Lukas Nickel is Chair of Asian Art History at University of Vienna. After studying Sinology, Oriental Archaeology, and East Asian Art History in Berlin, Halle and Heidelberg, he received his PhD from Heidelberg University. He worked for museums in Germany and Switzerland and taught at Zurich University, UCL, and the School of Oriental and African Studies. He has published on aspects of Bronze Age, Qin and Han, and early medieval China, as well as on the early interaction between China and wider Asia. One focus of his research is Buddhist art in Shandong province. He was involved in the Return of the Buddha exhibition and just finished the excavation project of the White Dragon Temple, a Buddhist temple in the area.

Buddhist art and sculpture became a field of extensive international research starting from the beginning of the 20th century.

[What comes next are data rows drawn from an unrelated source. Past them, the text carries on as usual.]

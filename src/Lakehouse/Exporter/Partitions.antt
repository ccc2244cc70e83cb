-- ===== src/Lakehouse/Exporter/Partitions.antt =====
-- The partitions of lakehouse/exporter.py.
use Prim.Native.String.{◌++◌ as ◌<>◌}
use crypto_streaming_lakehou.Base.Digits.{IsNumeral}
use crypto_streaming_lakehou.Lakehouse.Exporter.Numerals.{
  two_digits-IsNumeral, four_digits-IsNumeral,
}
use crypto_streaming_lakehou.Base.{
  ℕ, suc, String, Bool, true, not, ◌||◌, List, [], ◌∷◌, ◌++◌, Try, ok, raised, ◌≡◌, inl, inr,
  Bool-cases, Try-cases, All, ◌<◌, subst, append_assoc,
}
use crypto_streaming_lakehou.Lakehouse.Names.{validate_table_name}
use crypto_streaming_lakehou.Lakehouse.Storage.{File, Storage, Date, Frames, is_under, rmtree}
use crypto_streaming_lakehou.Lakehouse.Exporter.{
  Answers, Removal, removed, refused, keep, ◌then_do◌, table_path, partition_path, remove,
  write_partitions, two_digits, four_digits, export, full_export, newer_scan, incremental_export,
}

-- The numbers of the date have four digits and two and two.
pub record IsCalendar (date : Date) : Type 0 where
  pub year : date.year < 10000
  pub month : date.month < 100
  pub day : date.day < 100

-- The directory of a date under that of the table: gold/<table>/year=YYYY/month=MM/day=DD
pub record IsDirectoryOf (output_path : List String) (table : String) (date : Date)
    (directory : List String) : Type 0 where
  pub year_text : String
  pub month_text : String
  pub day_text : String
  pub spelled :
      directory
      ≡ output_path
        ++ "gold"
          ∷ table
          ∷ ("year=" <> year_text)
          ∷ ("month=" <> month_text)
          ∷ ("day=" <> day_text)
          ∷ []
  pub year : IsNumeral 4 date.year year_text
  pub month : IsNumeral 2 date.month month_text
  pub day : IsNumeral 2 date.day day_text

module _ {Row : Type 0} (frames : Frames Row) (output_path : List String) (table : String)
    (in_calendar : (t : ℕ) → IsCalendar (frames.date t)) where
  -- A file of the table is in the directory of the date of each of its rows.
  abbrev pub InPartition : File Row → Type 0
  InPartition f =
      is_under (output_path ++ "gold" ∷ table ∷ []) f.directory ≡ true
      → All (λ r. IsDirectoryOf output_path table (frames.date (frames.window_start r)) f.directory)
          f.rows

  abbrev pub IsPartitioned : Storage Row → Type 0
  IsPartitioned s = All InPartition s.files

  All-last :
      (files : List (File Row)) (f : File Row)
      → All InPartition files
      → InPartition f
      → All InPartition (files ++ f ∷ [])
  All-last [] f hs h = (h, tt)
  All-last (g ∷ files) f (hg, hs) h = (hg, All-last files f hs h)

  All-rmtree :
      (dir : List String) (files : List (File Row))
      → All InPartition files
      → All InPartition (rmtree dir files)
  unfolding rmtree
  All-rmtree dir [] hs = tt
  All-rmtree dir (f ∷ files) (h, hs) = elim (Bool-cases (is_under dir f.directory)) [
    | inl e ↦ rw e (All-rmtree dir files hs)
    | inr e ↦ rw e (h, All-rmtree dir files hs)
  ]

  All-keep :
      (dir : List String) (kept : File Row → Bool) (files : List (File Row))
      → All InPartition files
      → All InPartition (keep dir kept files)
  unfolding keep
  All-keep dir kept [] hs = tt
  All-keep dir kept (f ∷ files) (h, hs) =
      elim (Bool-cases (not (is_under dir f.directory) || kept f)) [
        | inl e ↦ rw e (h, All-keep dir kept files hs)
        | inr e ↦ rw e (All-keep dir kept files hs)
      ]

  partition_path-IsDirectoryOf :
      (date : Date)
      → IsCalendar date
      → IsDirectoryOf output_path table date (partition_path frames output_path table date)
  unfolding partition_path
  partition_path-IsDirectoryOf date c = record {
    year_text = four_digits date.year;
    month_text = two_digits date.month;
    day_text = two_digits date.day;
    spelled = append_assoc output_path ("gold" ∷ table ∷ []) _;
    year = four_digits-IsNumeral date.year c.year;
    month = two_digits-IsNumeral date.month c.month;
    day = two_digits-IsNumeral date.day c.day;
  }

  dated_rows :
      (date : Date) (rows : List Row)
      → All (λ r. frames.date (frames.window_start r) ≡ date) rows
      → All
          (λ r.
            IsDirectoryOf output_path table
              (frames.date (frames.window_start r))
              (partition_path frames output_path table date))
          rows
  dated_rows date [] h = tt
  dated_rows date (r ∷ rows) (e, h) = (
    subst
        (λ d.
          IsDirectoryOf output_path table (frames.date (frames.window_start r))
            (partition_path frames output_path table d))
        e
        (partition_path-IsDirectoryOf (frames.date (frames.window_start r))
          (in_calendar (frames.window_start r))),
    dated_rows date rows h,
  )

  write_partitions-IsPartitioned :
      (to_parquet : ℕ → Try (Unit {0})) (n : ℕ) (groups : List (Date × List Row)) (s : Storage Row)
      → All (λ g. All (λ r. frames.date (frames.window_start r) ≡ g.0) g.1) groups
      → IsPartitioned s
      → IsPartitioned (write_partitions frames output_path table to_parquet n groups s).1
  unfolding write_partitions
  write_partitions-IsPartitioned to_parquet n [] s dated h = h
  write_partitions-IsPartitioned to_parquet n ((date, rows) ∷ groups) s (d, dated) h =
      elim (Try-cases (to_parquet n)) [
        | inl (u, e) ↦ rw e (
            write_partitions-IsPartitioned to_parquet (suc n) groups _ dated
              (All-last s.files _ h (λ under. dated_rows date rows d)))
        | inr (x, e) ↦ rw e h
      ]

  export-IsPartitioned :
      (to_parquet : ℕ → Try (Unit {0})) (scan : Try (List Row)) (s : Storage Row)
      → IsPartitioned s
      → IsPartitioned (export frames output_path table to_parquet scan s).1
  unfolding export
  export-IsPartitioned to_parquet (raised e) s h = h
  export-IsPartitioned to_parquet (ok []) s h = h
  export-IsPartitioned to_parquet (ok (r ∷ rows)) s h =
      write_partitions-IsPartitioned to_parquet 0 (frames.groupby (r ∷ rows)) s
        (frames.groupby-dated (r ∷ rows)) h

  remove-IsPartitioned :
      (removal : Removal Row) (to_parquet : ℕ → Try (Unit {0})) (scan : Try (List Row))
      (s : Storage Row)
      → IsPartitioned s
      → IsPartitioned
          (remove frames output_path table removal s
            then_do export frames output_path table to_parquet scan).1
  remove-IsPartitioned removed to_parquet scan s h =
      export-IsPartitioned to_parquet scan _
        (All-rmtree (table_path frames output_path table) s.files h)
  remove-IsPartitioned (refused kept) to_parquet scan s h =
      All-keep (table_path frames output_path table) kept s.files h

  -- If each file of the table is in the directory gold/<table>/year=YYYY/month=MM/day=DD of the
  -- date of each of its rows, the numerals being those of its year, month and day, so it is after a
  -- full export and after an incremental one, whether they raise or not. Dates are assumed to have
  -- at most four and two and two digits.
  pub exports-IsPartitioned :
      (mark : ℕ) (a : Answers Row) (s : Storage Row)
      → IsPartitioned s
      → IsPartitioned (full_export frames output_path table a s).1
        × IsPartitioned (incremental_export frames output_path table mark a s).1
  unfolding full_export incremental_export
  exports-IsPartitioned mark a s h = elim (Try-cases (validate_table_name table)) [
    | inl (u, e) ↦ rw e (
      remove-IsPartitioned a.removal a.to_parquet a.scan s h,
      export-IsPartitioned a.to_parquet (newer_scan frames output_path mark a.scan) s h,
    )
    | inr (x, e) ↦ rw e (h, h)
  ]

Cave temples such as Dunhuang, Yungang, and Longmen, as well as a growing number of archaeological finds from many parts of China allowed the examination of an art medium that must have been ubiquitous in the medieval visual environment. In 1996, the chance discovery of a hoard of Buddhist images on the grounds of a former monastery in Qingzhou, Shandong, however, attracted interest on a previously unknown scale. Scholars from China, Japan, Europe and America discussed the artistic features and cultural connections of the images, and so far about 20 special exhibitions presented the objects to a Chinese and world-wide audience, exhibitions that drew unprecedented numbers of visitors into these museums.

About two decades after the discovery it is time to re-examine the significance of the find. The lecture will focus on two main questions: what is it that made the Qingzhou sculptures so exceptionally attractive, and what can the continuing research on the find contribute to our understanding of Buddhism and Buddhist art in medieval China?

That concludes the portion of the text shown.